In order to produce nanofibers, the peristaltic pump 9 is filled with a polymer, the spacer 3 is connected to a high voltage source and the pumping of the polymer into the capillaries 1 begins. After filling the capillaries 1 with polymer, the guide 5 with the head 2 is positioned at an appropriate distance from the capillaries 1 by means of the vertical sliding mechanism 7. of the receiving roller 8. Then, with the help of the horizontal sliding mechanism 4, the range of horizontal movement of the head 2 along the guide 5 is set so that it covers the entire working area of the roller 8 and the device driving the roller 8 is switched on. After the roller 8 is set in rotation, by means of the sliding mechanism 4 horizontal, the head 2 is moved horizontally along the guide 5. The formed nanofibers are picked up on a grounded roller 8 in the form of a non-woven fabric. After obtaining the non-woven layer of the desired thickness, it is passed through a drying tunnel, at the exit of which the finished product is obtained.

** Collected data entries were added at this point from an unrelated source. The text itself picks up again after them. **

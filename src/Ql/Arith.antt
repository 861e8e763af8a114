-- ===== src/Ql/Arith.antt =====
-- Integer arithmetic of src/ql/ql_exec.cpp: int64_t operands as integers, the builtins' overflow flag
-- as a test of the exact result.
pub mod Exact
use sqldb.Base.{
  ℕ, suc, ◌+◌, ◌-◌, ◌*◌, ◌/◌, ◌%◌, ◌^◌, Bool, true, false, ◌&&◌, ◌∷◌, ℤ, pos, negsuc, sub_ℕ, ◌+ℤ◌,
  ◌-ℤ◌, ◌*ℤ◌, text, ltb, if◌then◌else◌, Result, ok, stop, failed,
}
use sqldb.Catalog.Value.{int_eq}
use sqldb.Ql.Ast.{QlNodeType, add, sub, mul, div}

abbrev pub i64_min : ℤ
i64_min = negsuc (2 ^ 63 - 1)

abbrev pub fits : ℤ → Bool
fits (pos n) = ltb n (2 ^ 63)
fits (negsuc n) = ltb n (2 ^ 63)

-- a / b and a % b of C++, for b ≢ 0: the quotient is truncated, and the rest has the sign of a.
unfoldable pub quotient : ℤ → ℤ → ℤ
quotient (pos a) (pos b) = pos (a / b)
quotient (pos a) (negsuc b) = sub_ℕ 0 (a / suc b)
quotient (negsuc a) (pos b) = sub_ℕ 0 (suc a / b)
quotient (negsuc a) (negsuc b) = pos (suc a / suc b)

unfoldable pub remainder : ℤ → ℤ → ℤ
remainder (pos a) (pos b) = pos (a % b)
remainder (pos a) (negsuc b) = pos (a % suc b)
remainder (negsuc a) (pos b) = sub_ℕ 0 (suc a % b)
remainder (negsuc a) (negsuc b) = sub_ℕ 0 (suc a % suc b)

abbrev pub checked : ℤ → Result ℤ
checked r = if fits r then ok r else stop (failed (text "integer overflow"))

-- The default case: QL_DIV, and QL_MOD for any other tag.
abbrev pub is_div : QlNodeType → Bool
is_div div = true
is_div _ = false

unfoldable pub divide : Bool → ℤ → ℤ → Result ℤ
divide dividing a b =
    if int_eq b (pos 0)
    then stop (failed (if dividing then text "division by zero" else text "modulo by zero"))
    else if int_eq a i64_min && int_eq b (negsuc 0)
    then stop (failed (text "integer overflow"))
    else ok (if dividing then quotient a b else remainder a b)

unfoldable pub arithmetic : QlNodeType → ℤ → ℤ → Result ℤ
unfolding divide
arithmetic add a b = checked (a +ℤ b)
arithmetic sub a b = checked (a -ℤ b)
arithmetic mul a b = checked (a *ℤ b)
arithmetic t a b = divide (is_div t) a b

With this system, nanofibers in the form of a nonwoven fabric were formed from:

-15% solution of polyacrylonitrile (PAN) in dimethylsulfoxide (DMSO) at a temperature of 20 ° C at a peristaltic pump speed 9 of 0.5 rpm, in an electrostatic field created by a voltage of 20 kV, with a distance between head 2 and cylinder 8 of 20 cm and a rotational speed of cylinder 8 of 30 revolutions / minute; nanofibers with a diameter of 500 nm were obtained

-17% PAN solution in DMSO at a temperature of 20 ° C at a peristaltic pump speed 9 of 0.5 rpm, in an electrostatic field generated by a voltage of 20 kV, with a distance between head 2 and cylinder 8 of 20 cm and rotational speed of cylinder 8 equal to 30 revolutions / minute; nanofibers with a diameter of 400 nm were obtained

- 20% polycaprolactone solution in dichloromethane at a temperature of 20 ° C at a peristaltic pump speed 9 of 0.5 rpm, in an electrostatic field generated by a voltage of 25 kV, with a distance between head 2 and cylinder 8 of 20 cm and the rotational speed of the cylinder 8 equal to 30 revolutions / minute; nanofibers with a diameter of 1200 nm were obtained.

Claims (3)

A system for forming fibers by electrospinning, equipped with vertically arranged spinning capillaries connected to a high voltage source and with a device for receiving the formed fibers placed under the output nozzles of these capillaries connected to a driving device, characterized in that the spinning capillaries (1) are fixed in a spinning head (2) made of a non-conductive material, inside which a spacer (3) made of electrically conductive material is placed, connected to each of the capillaries (1), provided with connections to a high voltage source, the head (2) being slidably mounted, by means of a horizontal shift mechanism (4) connected with the drive motor, on a horizontally situated guide (5), the ends of which are slidably mounted, by means of a vertical shift mechanism (7) connected to the drive motor, on the vertical arms (6) of the system's supporting structure, Moreover, the system is equipped with a multi-track peristaltic pump (9), each of the tracks is connected with one of the spinning capillaries (1) placed on the horizontal arm (10) of the support structure of the system and with a heating element in the form of a drying tunnel situated at the exit from the fiber receiving device (8). PL 217 525 B1 2. The system according to claim The method of claim 1, characterized in that the headpiece (2) comprises at least 32 capillaries, preferably arranged in four rows, preferably 3 cm apart in a row and 6 cm between rows. 3. The system according to p. A method as claimed in claim 1, characterized in that the device (8) for receiving the formed fibers is preferably a rotatably mounted metal roller or conveyor.